The Tree or Tire Swing - Funny Diagrams

The famous tree swing picture (also known as tyre swing, tire swing, rope swing) depicting tyre (or tire) and rope swing in various states of dysfunctionality, illustrates the pitfalls of poor product design, or poor customer service, and the dangers of failing to properly listen to customers and interpret their needs. 

The tree swing also demonstrates the dangers of departmental barriers, and failures of departments to talk to each other, and to talk to customers. As such, the tree swing is perfect for training these areas of quality, communications, customer care and inter-departmental relations. If you are using the tree swing to highlight a training subject most people very readily interpret the pictures into their own organisational situations. Some tree swing discussion points are at the foot of the page.

See the new BusinessBalls tree swing cartoons - a specially produced collection extending the original tree swing theme to wider aspects of business and organisational daftness.

The Tree Swing

What marketing suggested tree swing  - marketing
What management approved tree swing - management
As designed by engineering tree swing - engineering
What was manufactured tree swing - manufacturing
As maintenance installed it tree swing - maintenance
What the customer wanted tree swing - customer

Points of Discussion

Normally no pointers are needed - people very readily interpret the pictures into their own organisational situation. Here are a few typical 'them and us' reactions just in case:

Marketing - Adding overly complex, unnecessary value - embellishment, putting their own mark onto things, creativity for creativity's sake, subjective as opposed to objective. May ignore customer survey feedback, failure to consult with engineering, production and anyone else in the organisation.

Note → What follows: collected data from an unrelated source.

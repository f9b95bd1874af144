-- ===== src/Domain/Json.antt =====
-- JSON values, as app/ stores them in metadata and payloads, and Python's `==` on them.
use ogaforeman.Base.{
  ℕ, String, Bool, true, false, ◌&&◌, not, Option, none, some, [], ◌∷◌, ◌==◌, str_eq, suc,
  if◌then◌else◌,
}
use ogaforeman.Base.Dict.{Dict}

-- The JSON values of metadata and payloads.
mutual
  pub data Json : Type 0 where
    null : Json
    boolean : Bool → Json
    number : ℕ → Json
    text : String → Json
    array : Elements → Json
    object : Members → Json

  pub data Elements : Type 0 where
    finished : Elements
    element : Json → Elements → Elements

  pub data Members : Type 0 where
    done : Members
    member : String → Json → Members → Members

abbrev pub members : Dict Json → Members
members [] = Members.done
members ((key, value) ∷ d) = Members.member key value (members d)

abbrev look : Members → String → Option Json
look Members.done key = none
look (Members.member k value rest) key = if str_eq k key then some value else look rest key

abbrev size : Members → ℕ
size Members.done = 0
size (Members.member k value rest) = suc (size rest)

abbrev same_bool : Bool → Bool → Bool
same_bool true b = b
same_bool false b = not b

-- `a == b`: lists in order, dicts key by key
unfoldable mutual
  pub same_json : Json → Json → Bool
  same_json Json.null Json.null = true
  same_json (Json.boolean a) (Json.boolean b) = same_bool a b
  same_json (Json.number a) (Json.number b) = a == b
  same_json (Json.text a) (Json.text b) = str_eq a b
  same_json (Json.array a) (Json.array b) = same_elements a b
  same_json (Json.object a) (Json.object b) = size a == size b && is_within a b
  same_json _ _ = false

  same_elements : Elements → Elements → Bool
  same_elements Elements.finished Elements.finished = true
  same_elements (Elements.element a xs) (Elements.element b ys) =
      same_json a b && same_elements xs ys
  same_elements _ _ = false

  -- every key of the one dict has an equal value in the other
  is_within : Members → Members → Bool
  is_within Members.done b = true
  is_within (Members.member key value rest) b =
      (elim (look b key) [ none ↦ false | some other ↦ same_json value other ]) && is_within rest b

abbrev pub same_dict : Dict Json → Dict Json → Bool
same_dict a b = same_json (Json.object (members a)) (Json.object (members b))
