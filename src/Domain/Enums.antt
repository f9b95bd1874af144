-- ===== src/Domain/Enums.antt =====
-- app/domain/enums.py: the enumerations of the modelled code. `Enum` gives each member its place
-- in the class, by which Python's `is` and `==` on members are decided.
use ogaforeman.Base.{ℕ, ◌≡◌, Bool, true, ◌==◌, arith}

pub data TaskStatus : Type 0 where
  proposed planned in_progress blocked completed cancelled : TaskStatus

pub data TaskPriority : Type 0 where
  low medium high critical : TaskPriority

pub data TaskSource : Type 0 where
  manual site_update workflow import : TaskSource

pub data MemberRole : Type 0 where
  admin manager foreman viewer : MemberRole

pub data MemberStatus : Type 0 where
  invited active removed : MemberStatus

pub data IssueType : Type 0 where
  blocker delay_risk safety quality observation : IssueType

pub data Severity : Type 0 where
  info low medium high critical : Severity

-- `opened` is `OPEN`.
pub data IssueStatus : Type 0 where
  opened acknowledged mitigated resolved dismissed : IssueStatus

pub data IssueDetectedBy : Type 0 where
  site_update overdue_check delivery_event user : IssueDetectedBy

pub data MaterialRequestStatus : Type 0 where
  proposed awaiting_approval approved rejected submitted : MaterialRequestStatus
  confirmed delayed delivered cancelled : MaterialRequestStatus

pub data ApprovalActionType : Type 0 where
  purchase schedule_change external_commitment task_cancel high_impact_change : ApprovalActionType

pub data ApprovalStatus : Type 0 where
  pending approved rejected expired cancelled : ApprovalStatus

pub data AgentRunStatus : Type 0 where
  queued running waiting_for_approval waiting_for_clarification : AgentRunStatus
  completed failed dead_lettered : AgentRunStatus

pub data WorkflowName : Type 0 where
  daily_site_update material_shortage blocker_delay daily_brief : WorkflowName

pub data ActorType : Type 0 where
  user agent system : ActorType

pub data ProcessedEventStatus : Type 0 where
  claimed completed failed dead_lettered : ProcessedEventStatus

pub data OutboxStatus : Type 0 where
  pending processing completed skipped failed dead_lettered : OutboxStatus

abbrev task_index : TaskStatus → ℕ
task_index TaskStatus.proposed = 0
task_index TaskStatus.planned = 1
task_index TaskStatus.in_progress = 2
task_index TaskStatus.blocked = 3
task_index TaskStatus.completed = 4
task_index TaskStatus.cancelled = 5

abbrev approval_index : ApprovalStatus → ℕ
approval_index ApprovalStatus.pending = 0
approval_index ApprovalStatus.approved = 1
approval_index ApprovalStatus.rejected = 2
approval_index ApprovalStatus.expired = 3
approval_index ApprovalStatus.cancelled = 4

abbrev request_index : MaterialRequestStatus → ℕ
request_index MaterialRequestStatus.proposed = 0
request_index MaterialRequestStatus.awaiting_approval = 1
request_index MaterialRequestStatus.approved = 2
request_index MaterialRequestStatus.rejected = 3
request_index MaterialRequestStatus.submitted = 4
request_index MaterialRequestStatus.confirmed = 5
request_index MaterialRequestStatus.delayed = 6
request_index MaterialRequestStatus.delivered = 7
request_index MaterialRequestStatus.cancelled = 8

abbrev run_index : AgentRunStatus → ℕ
run_index AgentRunStatus.queued = 0
run_index AgentRunStatus.running = 1
run_index AgentRunStatus.waiting_for_approval = 2
run_index AgentRunStatus.waiting_for_clarification = 3
run_index AgentRunStatus.completed = 4
run_index AgentRunStatus.failed = 5
run_index AgentRunStatus.dead_lettered = 6

abbrev action_index : ApprovalActionType → ℕ
action_index ApprovalActionType.purchase = 0
action_index ApprovalActionType.schedule_change = 1
action_index ApprovalActionType.external_commitment = 2
action_index ApprovalActionType.task_cancel = 3
action_index ApprovalActionType.high_impact_change = 4

abbrev claim_index : ProcessedEventStatus → ℕ
claim_index ProcessedEventStatus.claimed = 0
claim_index ProcessedEventStatus.completed = 1
claim_index ProcessedEventStatus.failed = 2
claim_index ProcessedEventStatus.dead_lettered = 3

abbrev actor_index : ActorType → ℕ
actor_index ActorType.user = 0
actor_index ActorType.agent = 1
actor_index ActorType.system = 2

abbrev outbox_index : OutboxStatus → ℕ
outbox_index OutboxStatus.pending = 0
outbox_index OutboxStatus.processing = 1
outbox_index OutboxStatus.completed = 2
outbox_index OutboxStatus.skipped = 3
outbox_index OutboxStatus.failed = 4
outbox_index OutboxStatus.dead_lettered = 5

-- `a is b` on the members of an enumeration
abbrev pub same_task : TaskStatus → TaskStatus → Bool
same_task a b = task_index a == task_index b

abbrev pub same_approval : ApprovalStatus → ApprovalStatus → Bool
same_approval a b = approval_index a == approval_index b

abbrev pub same_request : MaterialRequestStatus → MaterialRequestStatus → Bool
same_request a b = request_index a == request_index b

abbrev pub same_claim : ProcessedEventStatus → ProcessedEventStatus → Bool
same_claim a b = claim_index a == claim_index b

abbrev pub same_actor : ActorType → ActorType → Bool
same_actor a b = actor_index a == actor_index b

abbrev pub same_run : AgentRunStatus → AgentRunStatus → Bool
same_run a b = run_index a == run_index b

abbrev pub same_action : ApprovalActionType → ApprovalActionType → Bool
same_action a b = action_index a == action_index b

abbrev pub same_outbox : OutboxStatus → OutboxStatus → Bool
same_outbox a b = outbox_index a == outbox_index b

pub same_task-eq : (a b : TaskStatus) → same_task a b ≡ true → a ≡ b
same_task-eq a b h = ground arith

pub same_approval-eq : (a b : ApprovalStatus) → same_approval a b ≡ true → a ≡ b
same_approval-eq a b h = ground arith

Management - cost-conscious, process-led rather than output-aware, failure to understand and interpret real issues and implications, failure to ask questions, committee decisions produce impractical solutions, removed from reality, detached from customers and front-line staff, failure to consult with users and functional departments.

Engineering - technical interpretation rather than practical, unconcerned with aesthetics and ergonomics, lack of consultation with specifiers and user representatives, inappropriate materials and absence of styling.

Manufacturing - production specification over-rides design considerations, detached from users, specifiers, designers, and everyone else except other manufacturing staff. Unconcerned with usability or functionality, unconcerned with bells and whistles and added value, totally focused on production efficiency, cost and time, lack of liaison with all other departments.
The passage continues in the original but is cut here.